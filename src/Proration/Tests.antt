-- ===== src/Proration/Tests.antt =====
-- Proration at the dates that the source's comments work out.
use pg_master_backend.Prelude.{ℕ, ◌+◌, ◌-◌, ◌≡◌, refl, Option, none, some, arith}
use pg_master_backend.Calendar.{
  is_leap, days_in_month, days_before_year, days_before_month, day_number, date_utc, year_from,
  year_of_day, month_from, month_of_day, date_of_day, utc_full_year, utc_month, utc_date,
}
use pg_master_backend.Proration.{
  Prorated, parts_per_paisa, round_div, daily_rate, month_length_at, first_of_next_month,
  segment_end, prorated_loop, calculate_prorated_rent, to_date_only, first_cycle_end,
  advance_billing_date,
}
use pg_master_backend.Proration.Segments.{daily_sum}
use pg_master_backend.Proration.Rent.{calculate_prorated_rent_days, start_day, end_day}
use pg_master_backend.Proration.Cycle.{month_index, advance_billing_date_next}

abbrev amount : Option Prorated → ℕ
amount none = 0
amount (some p) = p.prorated_amount

-- Example A: 19 March 2026, cycle day 5, rent 8000.50.
example_a : amount (calculate_prorated_rent (date_utc 2026 2 19) 5 800050) ≡ 442178
unfolding calculate_prorated_rent prorated_loop segment_end first_of_next_month month_length_at
    daily_rate round_div first_cycle_end to_date_only date_utc day_number days_before_year
    days_before_month days_in_month is_leap utc_full_year utc_month utc_date year_of_day year_from
    month_of_day month_from date_of_day
example_a = refl

-- Example B: 5 April 2026, cycle day 5, rent 8000.
example_b : amount (calculate_prorated_rent (date_utc 2026 3 5) 5 800000) ≡ 796559
unfolding calculate_prorated_rent prorated_loop segment_end first_of_next_month month_length_at
    daily_rate round_div first_cycle_end to_date_only date_utc day_number days_before_year
    days_before_month days_in_month is_leap utc_full_year utc_month utc_date year_of_day year_from
    month_of_day month_from date_of_day
example_b = refl

calculate_prorated_rent_days_example :
    calculate_prorated_rent (date_utc 2026 2 19) 5 800050
    ≡ some (record {
      period_start = to_date_only (date_utc 2026 2 19);
      period_end = first_cycle_end (date_utc 2026 2 19) 5;
      prorated_amount =
          round_div
            (daily_sum 800050
              (start_day (date_utc 2026 2 19))
              (end_day (date_utc 2026 2 19) 5 - start_day (date_utc 2026 2 19)))
            parts_per_paisa;
    })
calculate_prorated_rent_days_example = calculate_prorated_rent_days (date_utc 2026 2 19) 5 800050

advance_billing_date_next_example :
    (month_index (advance_billing_date (date_utc 2026 11 5) 5)
      ≡ month_index (date_utc 2026 11 5) + 1)
    × (utc_date (advance_billing_date (date_utc 2026 11 5) 5) ≡ 5)
advance_billing_date_next_example =
    advance_billing_date_next (date_utc 2026 11 5) 5 (omega arith) (omega arith)
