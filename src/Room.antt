-- ===== src/Room.antt =====
-- `deleteRoom` of src/modules/room/room.service.ts. Images of rooms are left out.
use pg_master_backend.Prelude.{ℕ, ◌&&◌, ◌||◌, Option, ltb, ◌==◌, List, length}
use pg_master_backend.Store.Rows.{find_first, find_many, delete_many}
use pg_master_backend.Store.Schema.{Tenancy, Room, RoomReading, is_none}
use pg_master_backend.Store.World.{
  World, Action, pure, gets, or_throw, throw_if, modify, ◌>>=◌, ◌>>◌, room_not_found, room_occupied,
  room_has_history,
}
use pg_master_backend.Tenancy.Notice.{is_staying, is_owned, is_active}

abbrev pub own_room : ℕ → ℕ → World → Option Room
own_room room_id owner_id w =
    find_first (λ (r : Room). r.id == room_id && is_owned owner_id r.property_id w) w.rooms.rows

-- Of any status.
abbrev pub tenants_of : ℕ → World → List Tenancy
tenants_of room_id w = find_many (λ (t : Tenancy). t.room_id == room_id) w.tenancies.rows

-- The transaction.
unfoldable pub remove_room : ℕ → World → World
remove_room room_id w = record w {
  room_readings = delete_many (λ (m : RoomReading). m.room_id == room_id) w.room_readings;
  rooms = record w.rooms { rows = delete_many (λ (r : Room). r.id == room_id) w.rooms.rows };
}

unfoldable pub delete_room : ℕ → ℕ → Action ℕ
delete_room room_id owner_id = do
  found ← gets (own_room room_id owner_id)
  room ← or_throw found room_not_found
  tenants ← gets (tenants_of room_id)
  let active_tenants = find_many (λ (t : Tenancy). is_staying t.tenancy_status) tenants
  throw_if (ltb 0 (length active_tenants) || ltb 0 room.occupied_beds) room_occupied
  throw_if (ltb 0 (length tenants)) room_has_history
  modify (remove_room room_id)
  pure room_id

-- `fetchAllTenantsOfRoom`
unfoldable pub fetch_all_tenants_of_room : ℕ → World → List Tenancy
fetch_all_tenants_of_room room_id w =
    find_many
      (λ (t : Tenancy).
        t.room_id == room_id && (is_active t.tenancy_status && is_none t.deleted_at))
      w.tenancies.rows
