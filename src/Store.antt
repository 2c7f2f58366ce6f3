-- ===== src/Store.antt =====
-- The persistent state that the services work on.
pub mod Rows
pub mod Ids
pub mod Schema
pub mod Requests
pub mod Metrics
pub mod World
pub mod References
pub mod Samples
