-- ===== src/Tenancy.antt =====
-- src/modules/tenancy and the moves of src/modules/tenent: tenants move in, change rooms and move out.
pub mod Notice
pub mod Onboarding
pub mod Shift
pub mod MoveIn
pub mod Exit
pub mod Details
pub mod Requests
pub mod Occupancy
mod Tests
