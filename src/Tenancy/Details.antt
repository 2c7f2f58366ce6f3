-- ===== src/Tenancy/Details.antt =====
-- `updateTenancyDetails` of src/modules/tenancy/tenancy.service.ts. Periods in months or days and the
-- type of rental, which only go from the request to their columns, are left out, but that they make
-- the profile be written.
use pg_master_backend.Prelude.{ℕ, Bool, not, ◌&&◌, ◌||◌, Option, none, some, List, ◌==◌}
use pg_master_backend.Store.Rows.{update_rows}
use pg_master_backend.Store.Schema.{TenancyStatus, active, notice_period, Tenancy, is_none}
use pg_master_backend.Store.World.{
  World, Action, pure, gets, or_throw, throw_if, modify, ◌>>=◌, ◌>>◌, tenancy_not_found,
  record_missing,
}
use pg_master_backend.Tenancy.Notice.{
  parse_and_validate_move_out_date, is_staying, tenancy_where, profile_of, set_move_out_date,
}

-- A move-out date is left alone, or taken away by an empty text, or set.
pub data MoveOutEdit : Type 0 where
  keep clear : MoveOutEdit
  set : List (Option ℕ) → MoveOutEdit

pub record EditTenancy : Type 0 where
  pub move_out : MoveOutEdit
  pub rent_amount : Option ℕ
  -- whether another column of the profile is asked for
  pub edits_profile : Bool

-- The status to write and the date to write, `none` for neither.
abbrev pub read_move_out : ℕ → MoveOutEdit → ℕ → Action (Option (TenancyStatus × Option ℕ))
read_move_out now keep joined_at = pure none
read_move_out now clear joined_at = pure (some (active, none))
read_move_out now (set parts) joined_at = do
  date ← parse_and_validate_move_out_date now parts joined_at
  pure (some (notice_period, some date))

abbrev pub new_status : Option (TenancyStatus × Option ℕ) → TenancyStatus → TenancyStatus
new_status none status = status
new_status (some change) status = change.0

abbrev new_rent : Option ℕ → ℕ → ℕ
new_rent none rent = rent
new_rent (some amount) rent = amount

abbrev pub edit_tenancy : ℕ → EditTenancy → Option (TenancyStatus × Option ℕ) → World → World
edit_tenancy tenancy_id dto change w = record w {
  tenancies =
      update_rows (λ (t : Tenancy). t.id == tenancy_id)
        (λ t. record t {
          tenancy_status = new_status change t.tenancy_status;
          rent_amount = new_rent dto.rent_amount t.rent_amount;
        })
        w.tenancies;
}

abbrev pub edit_profile : ℕ → Option (TenancyStatus × Option ℕ) → World → World
edit_profile user_id none w = w
edit_profile user_id (some change) w = set_move_out_date user_id change.1 w

unfoldable pub update_tenancy_details : ℕ → ℕ → ℕ → EditTenancy → Action (Unit {0})
update_tenancy_details now tenancy_id owner_id dto = do
  found ← gets (tenancy_where tenancy_id owner_id is_staying)
  tenancy ← or_throw found tenancy_not_found
  change ← read_move_out now dto.move_out tenancy.joined_at
  profile ← gets (profile_of tenancy.tenent_id)
  throw_if (is_none profile && (dto.edits_profile || not (is_none change))) record_missing
  modify (edit_tenancy tenancy_id dto change)
  modify (edit_profile tenancy.tenent_id change)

■ Problem statement:
When you reach the line with "tenants_of room_id w" in the records above, start writing out lines exactly, and stop once the line with "pub mod Metrics" has been written; include nothing else.

■ Task output:
tenants_of room_id w = find_many (λ (t : Tenancy). t.room_id == room_id) w.tenancies.rows

-- The transaction.
unfoldable pub remove_room : ℕ → World → World
remove_room room_id w = record w {
  room_readings = delete_many (λ (m : RoomReading). m.room_id == room_id) w.room_readings;
  rooms = record w.rooms { rows = delete_many (λ (r : Room). r.id == room_id) w.rooms.rows };
}

unfoldable pub delete_room : ℕ → ℕ → Action ℕ
delete_room room_id owner_id = do
  found ← gets (own_room room_id owner_id)
  room ← or_throw found room_not_found
  tenants ← gets (tenants_of room_id)
  let active_tenants = find_many (λ (t : Tenancy). is_staying t.tenancy_status) tenants
  throw_if (ltb 0 (length active_tenants) || ltb 0 room.occupied_beds) room_occupied
  throw_if (ltb 0 (length tenants)) room_has_history
  modify (remove_room room_id)
  pure room_id

-- `fetchAllTenantsOfRoom`
unfoldable pub fetch_all_tenants_of_room : ℕ → World → List Tenancy
fetch_all_tenants_of_room room_id w =
    find_many
      (λ (t : Tenancy).
        t.room_id == room_id && (is_active t.tenancy_status && is_none t.deleted_at))
      w.tenancies.rows
filename src/Store.antt
repository 2c7f2f58366ce6f3
-- ===== src/Store.antt =====
-- The persistent state that the services work on.
pub mod Rows
pub mod Ids
pub mod Schema
pub mod Requests
pub mod Metrics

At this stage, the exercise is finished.